_Work task:_ Beginning at the line that contains "-- A run that returns", write out every line down to the end of the records, with both ends kept and nothing added.

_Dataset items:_
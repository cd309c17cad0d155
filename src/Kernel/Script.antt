-- ===== src/Kernel/Script.antt =====
-- Straight-line code: a list of calls, each with the contexts that its error gets.
use boxed.Prelude.{
  ℕ, ◌≡◌, refl, ◌⊎◌, inl, inr, List, [], ◌∷◌, ◌++◌, map, ap, ◌∙◌, sym, append-nil, append_assoc,
}
use boxed.Error.{Message, Error, os, context, Result, ok, err, with_context}
use boxed.Kernel.{
  Call, Reply, Outcome, done, failed, Machine, World, Io, to_result, call, pure, ask, proceed,
  ◌>>=◌, ◌>>◌, within,
}

-- The innermost context comes first.
pub record Step : Type 0 where
  pub action : Call
  pub contexts : List Message

abbrev pub contexts_of : List Message → Error → Error
contexts_of [] e = e
contexts_of (msg ∷ msgs) e = contexts_of msgs (context msg e)

abbrev pub withins : {A : Type 0} → List Message → Io A → Io A
withins [] io = io
withins (msg ∷ msgs) io = withins msgs (within msg io)

abbrev pub Succeeds : {A : Type 0} → Outcome A → Type 0
Succeeds (done a) = Unit
Succeeds (failed e) = ⊥

abbrev pub after : World → Call → World
after w c = record w { calls = w.calls ++ c ∷ [] }

-- The calls of the steps are made in order, from the world `w`, up to the first that fails. If one
-- fails, the result is its error under the contexts of its step; if none does, it is `ok`.
abbrev pub Ran : Machine → World → List Step → Result (Unit {0}) × World → Type 0
Ran m w [] (r, w') = (r ≡ ok tt) × (w' ≡ w)
Ran m w (s ∷ ss) (r, w') =
    (Succeeds (m.answer w.calls s.action) × Ran m (after w s.action) ss (r, w'))
    ⊎ ((e : ℕ) × (m.answer w.calls s.action ≡ failed e)
        × (r ≡ err (contexts_of s.contexts (os e)))
        × (w' ≡ after w s.action))

-- On the machine, `io` makes the calls of the steps and no other.
pub record Runs (m : Machine) (io : Io (Unit {0})) (ss : List Step) : Type 0 where
  pub ran : (w : World) → Ran m w ss (io m w)

-- `.context` for each message.
abbrev with_contexts : {A : Type 0} → List Message → Result A → Result A
with_contexts [] r = r
with_contexts (msg ∷ msgs) r = with_contexts msgs (with_context msg r)

withins-eq :
    {A : Type 0} (msgs : List Message) (io : Io A) (m : Machine) (w : World)
    → withins msgs io m w ≡ (with_contexts msgs (io m w).0, (io m w).1)
withins-eq [] io m w = refl
withins-eq (msg ∷ msgs) io m w = withins-eq msgs (within msg io) m w

with_contexts-ok : {A : Type 0} (msgs : List Message) (a : A) → with_contexts msgs (ok a) ≡ ok a
with_contexts-ok [] a = refl
with_contexts-ok (msg ∷ msgs) a = with_contexts-ok msgs a

with_contexts-err :
    {A : Type 0} (msgs : List Message) (e : Error)
    → with_contexts {A = A} msgs (err e) ≡ err (contexts_of msgs e)
with_contexts-err [] e = refl
with_contexts-err (msg ∷ msgs) e = with_contexts-err msgs (context msg e)

module _ (m : Machine) (c : Call) (msgs : List Message) (next : Reply c → Io (Unit {0}))
    (ss : List Step) where
  Ran-answer :
      (w : World) (o : Outcome (Reply c))
      → m.answer w.calls c ≡ o
      → ((a : Reply c) → Ran m (after w c) ss (next a m (after w c)))
      → Ran m w
          (record { action = c; contexts = msgs } ∷ ss)
          (proceed (with_contexts msgs (to_result o)) next m (after w c))
  Ran-answer w (done a) e rest = rw with_contexts-ok (inl (rw e tt, rest a))
  Ran-answer w (failed n) e rest = rw with_contexts-err (inr (n, e, refl, refl))

  -- A call and what follows it.
  pub Runs-cons :
      ((a : Reply c) → Runs m (next a) ss)
      → Runs m (withins msgs (call c) >>= next) (record { action = c; contexts = msgs } ∷ ss)
  unfolding call
  Runs-cons rest = record {
    ran =
        λ w. rw withins-eq (Ran-answer w (m.answer w.calls c) refl (λ a. (rest a).ran (after w c)));
  }

pub Runs-nil : {m : Machine} → Runs m (pure tt) []
Runs-nil = record { ran = λ w. (refl, refl) }

Ran-append :
    (m : Machine) (io : Io (Unit {0})) (ss ts : List Step) (w w' : World) (r : Result (Unit {0}))
    → Runs m io ts
    → Ran m w ss (r, w')
    → Ran m w (ss ++ ts) (proceed r (λ _. io) m w')
Ran-append m io [] ts w w' r next (e, ew) = rw (e, ew) (next.ran w)
Ran-append m io (s ∷ ss) ts w w' r next (inl (passed, rest)) =
    inl (passed, Ran-append m io ss ts (after w s.action) w' r next rest)
Ran-append m io (s ∷ ss) ts w w' r next (inr (n, e, er, ew)) = inr (n, e, rw er refl, rw er ew)

-- One piece of code after another.
pub Runs-append :
    {m : Machine} (io next : Io (Unit {0})) (ss ts : List Step)
    → Runs m io ss
    → Runs m next ts
    → Runs m (io >> next) (ss ++ ts)
Runs-append {m} io next ss ts first rest = record {
  ran = λ w. Ran-append m next ss ts w (io m w).1 (io m w).0 rest (first.ran w);
}

abbrev pub under : Message → List Step → List Step
under msg = map {A = Step} (λ s. record s { contexts = s.contexts ++ msg ∷ [] })

contexts_of-append :
    (msgs : List Message) (msg : Message) (e : Error)
    → contexts_of (msgs ++ msg ∷ []) e ≡ context msg (contexts_of msgs e)
contexts_of-append [] msg e = refl
contexts_of-append (m ∷ msgs) msg e = contexts_of-append msgs msg (context m e)

Ran-under :
    (m : Machine) (msg : Message) (ss : List Step) (w w' : World) (r : Result (Unit {0}))
    → Ran m w ss (r, w')
    → Ran m w (under msg ss) (with_context msg r, w')
Ran-under m msg [] w w' r (e, ew) = (rw e refl, ew)
Ran-under m msg (s ∷ ss) w w' r (inl (passed, rest)) =
    inl (passed, Ran-under m msg ss (after w s.action) w' r rest)
Ran-under m msg (s ∷ ss) w w' r (inr (n, e, er, ew)) =
    inr (n, e, rw (er, contexts_of-append) refl, ew)

-- A context round a piece of code.
pub Runs-within :
    {m : Machine} (msg : Message) (io : Io (Unit {0})) (ss : List Step)
    → Runs m io ss
    → Runs m (within msg io) (under msg ss)
Runs-within {m} msg io ss runs = record {
  ran = λ w. Ran-under m msg ss w (io m w).1 (io m w).0 (runs.ran w);
}

-- A call under one message, and a call with none.
module _ {m : Machine} (c : Call) (next : Reply c → Io (Unit {0})) (ss : List Step)
    (rest : (a : Reply c) → Runs m (next a) ss) where
  pub Runs-within-call :
      (msg : Message)
      → Runs m (within msg (call c) >>= next) (record { action = c; contexts = msg ∷ [] } ∷ ss)
  Runs-within-call msg = Runs-cons m c (msg ∷ []) next ss rest

  pub Runs-call : Runs m (call c >>= next) (record { action = c; contexts = [] } ∷ ss)
  Runs-call = Runs-cons m c [] next ss rest

-- A value of the machine.
pub Runs-ask :
    {A : Type 0} {m : Machine} (f : Machine → A) (next : A → Io (Unit {0})) (ss : List Step)
    → Runs m (next (f m)) ss
    → Runs m (ask f >>= next) ss
Runs-ask f next ss h = record { ran = λ w. h.ran w }

pub ruleset script_rules = (Runs-within-call, Runs-call, Runs-nil)

abbrev pub actions : List Step → List Call
actions = map (λ s. s.action)

-- A run that returns `ok` has made all the calls.
pub Ran-ok :
    (m : Machine) (ss : List Step) (w w' : World)
    → Ran m w ss (ok tt, w')
    → w' ≡ record w { calls = w.calls ++ actions ss }
Ran-ok m [] w w' (e, ew) = ew ∙ ap (λ cs. record w { calls = cs }) (sym (append-nil w.calls))
Ran-ok m (s ∷ ss) w w' (inl (passed, rest)) =
    Ran-ok m ss (after w s.action) w' rest
    ∙ ap (λ cs. record w { calls = cs }) (append_assoc w.calls (s.action ∷ []) (actions ss))
Ran-ok m (s ∷ ss) w w' (inr (n, e, er, ew)) = cc

-- A run that stops at an error has made the first of the calls, and the static is as before.
pub Ran-made :
    (m : Machine) (ss : List Step) (w w' : World) (r : Result (Unit {0}))
    → Ran m w ss (r, w')
    → (made rest : List Call) × (actions ss ≡ made ++ rest)
      × (w' ≡ record w { calls = w.calls ++ made })
Ran-made m [] w w' r (e, ew) =
    ([], [], refl, ew ∙ ap (λ cs. record w { calls = cs }) (sym (append-nil w.calls)))
Ran-made m (s ∷ ss) w w' r (inl (passed, more)) =
    let (made, rest, split, ew) = Ran-made m ss (after w s.action) w' r more in
    (
      s.action ∷ made,
      rest,
      ap (λ cs. s.action ∷ cs) split,
      ew ∙ ap (λ cs. record w { calls = cs }) (append_assoc w.calls (s.action ∷ []) made),
    )
Ran-made m (s ∷ ss) w w' r (inr (n, e, er, ew)) = (s.action ∷ [], actions ss, refl, ew)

_Solution to this task:_
-- A run that returns `ok` has made all the calls.
pub Ran-ok :
    (m : Machine) (ss : List Step) (w w' : World)
    → Ran m w ss (ok tt, w')
    → w' ≡ record w { calls = w.calls ++ actions ss }
Ran-ok m [] w w' (e, ew) = ew ∙ ap (λ cs. record w { calls = cs }) (sym (append-nil w.calls))
Ran-ok m (s ∷ ss) w w' (inl (passed, rest)) =
    Ran-ok m ss (after w s.action) w' rest
    ∙ ap (λ cs. record w { calls = cs }) (append_assoc w.calls (s.action ∷ []) (actions ss))
Ran-ok m (s ∷ ss) w w' (inr (n, e, er, ew)) = cc

-- A run that stops at an error has made the first of the calls, and the static is as before.
pub Ran-made :
    (m : Machine) (ss : List Step) (w w' : World) (r : Result (Unit {0}))
    → Ran m w ss (r, w')
    → (made rest : List Call) × (actions ss ≡ made ++ rest)
      × (w' ≡ record w { calls = w.calls ++ made })
Ran-made m [] w w' r (e, ew) =
    ([], [], refl, ew ∙ ap (λ cs. record w { calls = cs }) (sym (append-nil w.calls)))
Ran-made m (s ∷ ss) w w' r (inl (passed, more)) =
    let (made, rest, split, ew) = Ran-made m ss (after w s.action) w' r more in
    (
      s.action ∷ made,
      rest,
      ap (λ cs. s.action ∷ cs) split,
      ew ∙ ap (λ cs. record w { calls = cs }) (append_assoc w.calls (s.action ∷ []) made),
    )
Ran-made m (s ∷ ss) w w' r (inr (n, e, er, ew)) = (s.action ∷ [], actions ss, refl, ew)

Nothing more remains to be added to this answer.